162‧‧‧heating department

18‧‧‧ fixed plate

185‧‧‧ screw holes

20‧‧‧wind hood

22‧‧‧ top board

24‧‧ ‧ baffle

26‧‧‧Installation Department

260‧‧‧ mounting holes

30‧‧‧Fan

32, 34‧‧‧ tablet

50‧‧‧Hand screw

1 is a combination diagram of a heat sink of the present invention.

Figure 2 is a partial combination diagram of Figure 1.

3 is an exploded view of the heat sink assembly of the heat sink of FIG. 2.

4 is an exploded view of the air hood and the fan of the heat sink of FIG. 2.

10‧‧‧ radiator combination

12‧‧‧heat conducting plate

14‧‧‧Solid fin group

16‧‧‧heat pipe

18‧‧‧ fixed plate

20‧‧‧wind hood

30‧‧‧Fan

50‧‧‧Hand screw

Claims (10)

A heat dissipating device for dissipating heat to an electronic component, comprising: a heat conducting plate attached to the electronic component, a plurality of heat dissipating fins, and a heat pipe connecting the heat conducting plate and the heat dissipating fin, wherein a plurality of air passages are formed between the heat dissipating fins, The improvement device is characterized in that: the heat dissipation device further comprises an air hood, the air hood includes a top plate and two baffles connected to the top plate, the top plate is fixed on the top of the heat dissipation fin, and the baffle surrounds the two ends of the heat dissipation fin.
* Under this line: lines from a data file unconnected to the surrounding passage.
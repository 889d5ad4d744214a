-- ===== src/Account/Images.antt =====
-- `strip_image_metadata` of services/user.rs. A loop's index into the bytes is what is left of them.
pub mod Png
pub mod Jpeg
pub mod Detect
use lqxp.Common.{
  ℕ, zero, suc, ◌+◌, ◌-◌, ◌*◌, ◌/◌, Bool, ◌||◌, not, Option, none, some, [], ◌∷◌, ◌++◌, ltb,
  nat_beq, if◌then◌else◌, ◌==◌, length, get_elem?, take, drop, contains, unwrap_or, Text, text,
  after, text_Eq,
}
use lqxp.Common.Chars.{strip_prefix}

-- A byte, and 0 past the end, where the program does not look.
abbrev pub byte_at : ℕ → Text → ℕ
byte_at i s = unwrap_or (get_elem? s i) 0

-- `u32::from_be_bytes`
unfoldable pub be32 : Text → ℕ
be32 s = ((byte_at 0 s * 256 + byte_at 1 s) * 256 + byte_at 2 s) * 256 + byte_at 3 s

abbrev pub png_signature : Text
png_signature = 0x89 ∷ b'P' ∷ b'N' ∷ b'G' ∷ 13 ∷ 10 ∷ 26 ∷ 10 ∷ []

unfoldable pub is_png_metadata : Text → Bool
unfolding text
is_png_metadata chunk_type =
    contains
      (text "eXIf"
        ∷ text "tEXt"
        ∷ text "zTXt"
        ∷ text "iTXt"
        ∷ text "tIME"
        ∷ text "pHYs"
        ∷ text "iCCP"
        ∷ [])
      chunk_type

-- The loop over the chunks; every round uses up at least twelve bytes.
unfoldable pub png_loop : ℕ → Text → Text
unfolding is_png_metadata be32 text
png_loop zero bytes = []
png_loop (suc fuel) bytes =
    let chunk_type = take 4 (drop 4 bytes) in
    let total_chunk_len = 12 + be32 bytes in
    let kept = if is_png_metadata chunk_type then [] else take total_chunk_len bytes in
    let rest = png_loop fuel (drop total_chunk_len bytes) in
    if ltb (length bytes) 12
    then []
    else if ltb (length bytes) total_chunk_len
    then []
    else if chunk_type == text "IEND"
    then kept
    else kept ++ rest

strip_png : Text → Option Text → Text
unfolding png_loop
strip_png bytes none = bytes
strip_png bytes (some rest) = png_signature ++ png_loop (length rest) rest

skip_ff : Text → Text
skip_ff [] = []
skip_ff (b ∷ s) = if nat_beq b 0xff then skip_ff s else b ∷ s

unfoldable pub is_jpeg_metadata : ℕ → Bool
is_jpeg_metadata marker =
    nat_beq marker 0xe1 || (nat_beq marker 0xe2 || (nat_beq marker 0xed || nat_beq marker 0xfe))

-- What is written first, and then what the rest of the loop writes.
after_bytes : Text → Option Text → Option Text
after_bytes written none = none
after_bytes written (some rest) = some (written ++ rest)

-- After a marker: `bytes` is what follows it, `loop_after` the loop on what follows its segment.
jpeg_marker : ℕ → Text → (ℕ → Option Text) → Option Text
unfolding is_jpeg_metadata after_bytes
jpeg_marker marker bytes loop_after =
    let len = byte_at 0 bytes * 256 + byte_at 1 bytes in
    if nat_beq marker 0xd9
    then some (0xff ∷ 0xd9 ∷ [])
    else if nat_beq marker 0xda
    then some (0xff ∷ 0xda ∷ bytes)
    else if ltb (length bytes) 2
    then some []
    else if ltb len 2 || ltb (length bytes) len
    then some []
    else if is_jpeg_metadata marker
    then loop_after len
    else after_bytes (0xff ∷ marker ∷ take len bytes) (loop_after len)

-- At a byte `b`, with `bytes` after it and `left` after the run of `0xff`.
jpeg_segment : ℕ → Text → Text → (Text → Option Text) → Option Text
unfolding jpeg_marker
jpeg_segment b bytes [] loop = some (if nat_beq b 0xff then [] else b ∷ bytes)
jpeg_segment b bytes (marker ∷ left) loop =
    if nat_beq b 0xff
    then jpeg_marker marker left (λ len. loop (drop len left))
    else some (b ∷ bytes)

-- The loop over the segments; `none` where the fuel runs out before the loop ends.
unfoldable pub jpeg_loop : ℕ → Text → Option Text
unfolding skip_ff jpeg_segment
jpeg_loop fuel [] = some []
jpeg_loop zero (b ∷ bytes) = none
jpeg_loop (suc fuel) (b ∷ bytes) =
    jpeg_segment b bytes (skip_ff bytes) (λ rest. jpeg_loop fuel rest)

-- `none` where the loop does not end within as many rounds as there are bytes.
strip_jpeg : Text → Option Text → Option Text
unfolding jpeg_loop after_bytes
strip_jpeg bytes none = some bytes
strip_jpeg bytes (some rest) =
    if ltb (length bytes) 4
    then some bytes
    else after_bytes (0xff ∷ 0xd8 ∷ []) (jpeg_loop (length rest) rest)

unfoldable pub strip_image_metadata : Text → Text → Text
unfolding strip_png strip_jpeg strip_prefix text
strip_image_metadata bytes mime_type =
    if (mime_type == text "image/png") || (mime_type == text "image/apng")
    then strip_png bytes (strip_prefix png_signature bytes)
    else if (mime_type == text "image/jpeg") || (mime_type == text "image/jpg")
    then unwrap_or (strip_jpeg bytes (strip_prefix (0xff ∷ 0xd8 ∷ []) bytes)) []
    else bytes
The two fans are fixed on the air hood and placed on both sides of the heat dissipation fins and located at the inlet and outlet of the air passage, and each of the heat dissipation fins has a micro wave shape. The heat dissipating device of claim 1, wherein a top of the heat dissipating fins is fixed to a fixing plate, and a top plate of the air guiding hood is fixed to the fixing plate. The heat dissipation device of claim 2, wherein a through hole is formed in a middle portion of each of the heat dissipation fins, and the through holes of the heat dissipation fins form a screw hole for screwing to fix the fixing plate. The heat dissipating device of claim 3, wherein the top plate of the air guiding hood is provided with two through holes, and the second used screw is screwed through the top plate and the fixing plate. The heat dissipating device of claim 1, wherein the air guiding hood is U-shaped. The heat dissipating device of claim 1, wherein a mounting portion is extended on each side of each of the baffles, and the two fans are fixed to the mounting portions. The heat sink of claim 1, wherein the fan turns the same. The heat dissipating device of claim 1, wherein the heat pipe comprises a heat absorbing portion and a heat releasing portion connected to the heat absorbing portion, and the bottom of the heat conducting plate is provided with a groove to receive the heat absorbing portion of the heat pipe. The heat dissipating device of claim 8, wherein a bottom surface of the heat absorbing portion of the heat pipe is coplanar with a bottom surface of the heat conducting plate. The heat sink of claim 9, wherein the heat pipe is U-shaped.